A reply to Matt Cooper on the brain

Submitted by martin on 29 June, 2021 - 3:20 Author: John Cunningham
Freud

In response to my posing the question is there a Marxist analysis of the brain, and the answer to my own question, "probably not", my old friend Matt Cooper argues that we need to be "much clearer".

He then goes on to be distinctly unclear about almost everything under discussion. I state that "everything in the head is material" (actually a quote from the book I was reviewing). If Matt thinks this is in some way a dubious proposition then he needs to explain why.

I wasn’t talking about human behaviour but about the brain; and as for me denying that Freud and Pavlov are materialists, the former certainly is not and the latter probably is, although why Matt links them together is a mystery as their work is so drastically divergent.

I know Trotsky once discussed their work and was favourably inclined towards Freud, at least in the sense that he defended him against Pavlov’s followers who were dismissive. Trotsky even went so far as to state that Freud’s teachings were inherently materialistic (quoted by Isaac Deutscher in the second volume of his biographical trilogy, The Prophet Armed, page 179), but this was when both researchers’ work was only just starting to be discussed in Russia and can hardly be regarded as Trotsky’s last defining word on the topic. Today I think anyone would find it hard to link the two except in the vaguest way possible.

Matt refers to Freud’s "psychodynamic approach". which he appears to favour, and it is worth spending a bit of time on this because, whatever the label, Freud’s ideas are fundamentally erroneous and, anyway, as I stated in my review, he says virtually nothing about the brain in his writings.

Overall, the problem with Freud is that his work is thoroughly unscientific. Take for example his famous case studies. These are all totally subjective. The so-called notes he took at his sessions with "Dora" and all the others are not even verbatim accounts of what was said. They are summaries, précis, written in Freud’s own words. Therefore, as scientific documents they are of very limited use.

Freud is reductionist in the extreme. Everything comes down to the Id, Ego, and Superego, the Oedipus complex and so on. He is deterministic – everything in a person’s life is decided, more-or-less by the time he or she is five or six years old (if I remember correctly this was one of Melanie Klein’s criticisms of Freud).

He says virtually nothing about environment, class, social background, genetics. It needs to be stressed that this isn’t just some oversight on the part of Freud. There are serious consequences: he said nothing about the phenomenon of violence against women in immediate post-war Vienna which reached alarming proportions (see Maureen Healy’s essay in Gender and war in Twentieth Century Eastern Europe, Indiana University Press, 2006). His response to the rise of fascism was at best muted.

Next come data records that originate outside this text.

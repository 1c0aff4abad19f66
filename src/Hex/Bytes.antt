-- ===== src/Hex/Bytes.antt =====
-- The digits that `kprint_hex` prints are read back by `hexstr_to_bytes`.
use hatcher.Base.{
  ℕ, zero, suc, ◌+◌, ◌*◌, ◌/◌, ◌%◌, ◌<◌, ◌≡◌, refl, ap, ◌∙◌, List, [], ◌∷◌, ◌++◌, arith, u8,
}
use mathlib.Core.List.{append_assoc}
use hatcher.Format.{digit_char}
use hatcher.Hex.{hex_loop, hex_char_to_byte, hexstr_to_bytes}

hex_char_to_byte-digit_char : (d : ℕ) → d < 16 → hex_char_to_byte (digit_char b'A' d) ≡ d
hex_char_to_byte-digit_char d h = ground arith

-- The last `n` bytes of a number, the highest one first.
abbrev pub big_endian : ℕ → ℕ → List ℕ
big_endian zero v = []
big_endian (suc n) v = big_endian n (v / 256) ++ (v % 256 ∷ [])

two_digits :
    (m v : ℕ) (s : List ℕ)
    → hexstr_to_bytes (suc m) (digit_char b'A' (v / 16 % 16) ∷ digit_char b'A' (v % 16) ∷ s)
      ≡ v % 256 ∷ hexstr_to_bytes m s
unfolding hexstr_to_bytes
two_digits m v s =
    let high = hex_char_to_byte-digit_char (v / 16 % 16) (omega arith) in
    let low = hex_char_to_byte-digit_char (v % 16) (omega arith) in
    let byte : u8 (v / 16 % 16 * 16) + v % 16 ≡ v % 256 = omega arith in
    rw (high, low) (ap (λ b. b ∷ hexstr_to_bytes m s) byte)

hex_step :
    (k v : ℕ) (s : List ℕ)
    → hex_loop (suc (suc k)) v s
      ≡ hex_loop k (v / 16 / 16) (digit_char b'A' (v / 16 % 16) ∷ digit_char b'A' (v % 16) ∷ s)
unfolding hex_loop
hex_step k v s = refl

hex_end : (v : ℕ) (s : List ℕ) → hex_loop (zero * 2) v s ≡ s
unfolding hex_loop
hex_end v s = refl

read_back :
    (n m v : ℕ) (s : List ℕ)
    → hexstr_to_bytes (n + m) (hex_loop (n * 2) v s) ≡ big_endian n v ++ hexstr_to_bytes m s
read_back zero m v s =
    let none_left : zero + m ≡ m = omega arith in rw (none_left, hex_end v s) refl
read_back (suc n) m v s =
    let more : suc n + m ≡ n + suc m = omega arith in
    let two : suc n * 2 ≡ suc (suc (n * 2)) = omega arith in
    let shifted : v / 16 / 16 ≡ v / 256 = omega arith in
    rw
      (
        more,
        two,
        hex_step (n * 2) v s,
        append_assoc (big_endian n (v / 256)) (v % 256 ∷ []) (hexstr_to_bytes m s),
        shifted,
      )
      (read_back n (suc m) (v / 256) (digit_char b'A' (v / 16 % 16) ∷ digit_char b'A' (v % 16) ∷ s)
        ∙ ap (λ t. big_endian n (v / 256) ++ t) (two_digits m v s))

-- `hexstr_to_bytes` of the 2n digits that the loop of `kprint_hex` makes gives the n low bytes of
-- the value, the highest one first.
pub hexstr_to_bytes-hex_loop :
    (n v : ℕ) → hexstr_to_bytes n (hex_loop (n * 2) v []) ≡ big_endian n v
hexstr_to_bytes-hex_loop n v =
    let same : n ≡ n + 0 = omega arith in
    ap (λ k. hexstr_to_bytes k (hex_loop (n * 2) v [])) same ∙ read_back n 0 v [] ∙ at_end
  where
    append_nil : (r : List ℕ) → r ++ [] ≡ r
    append_nil [] = refl
    append_nil (c ∷ r) = ap (λ t. c ∷ t) (append_nil r)

    at_end : big_endian n v ++ hexstr_to_bytes 0 [] ≡ big_endian n v
    at_end = unfold hexstr_to_bytes in append_nil (big_endian n v)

Freud did once suggest that "The motive of human society is in the last resort an economic one" (in Introductory Lectures on Psychoanalysis) but he linked this to the repression of the so-called "pleasure principle" by the "reality principle" and did not link it to a socio-economic analysis.

Furthermore, Freud verges on the dishonest in at least one essay. In A Child is Being Beaten: A Contribution to the Study of the Origins of Sexual Perversion, Freud describes the development of his patients’ fantasies in three distinct phases. The problem is that he invents the second phase in order, basically to make his analysis convincing. He writes,

This second phase is the most important and momentous of all. But we must say of it in a certain sense that it has never had a real existence. It is never remembered, it has never succeeded becoming conscious. It is a construction of analysis, but it no less a necessity on that account (Vol 2. of Freud’s Collected Papers, p. 179-80).

There is much more that could be said about the so-called "father" of psychoanalysis, but it will have to wait for another time.

I want to finish by asking a question: Why is research into the brain (whether it be a human brain or that of a Drosophila maggot) considered by Matt to be "crude materialism"? If I take my car to the garage and the mechanic fixes a dodgy brake-lining I don’t accuse him of "crude materialism". He or she knows how the car works, and we need to be in a similar position with regard to the brain.

To be blunt, I prefer scientific research to "broader theorising" about "the brain’s internal workings (feelings, ideas, motivations)" partly because we don’t understand how these feelings, ideas and motivations are created, triggered or conveyed. I’m not against broader theorising but with regard to the brain nothing can replace the hard slog of research.

Matthew Cobb, the author of the book I reviewed, has worked for years with a team of researchers across the world attempting to understand the Drosophila maggot’s brain, and states that there are still a few years of research ahead before it will be fully understood. This is how research works, and there are no short cuts. (I leave aside the writings of T S Kuhn – another discussion for another time).

Certain varieties of "broader theorising" have let humanity down badly. Sometimes "broader theorising" simply means talking a load of bollocks – the cabal of Slavoj Žižek, Jacques Lacan, Julia Kristeva, Roland Barthes, Judith Butler, Louis Althusser, Gilles Deleuze etc. have not produced anything that has contributed to the liberation of the oppressed.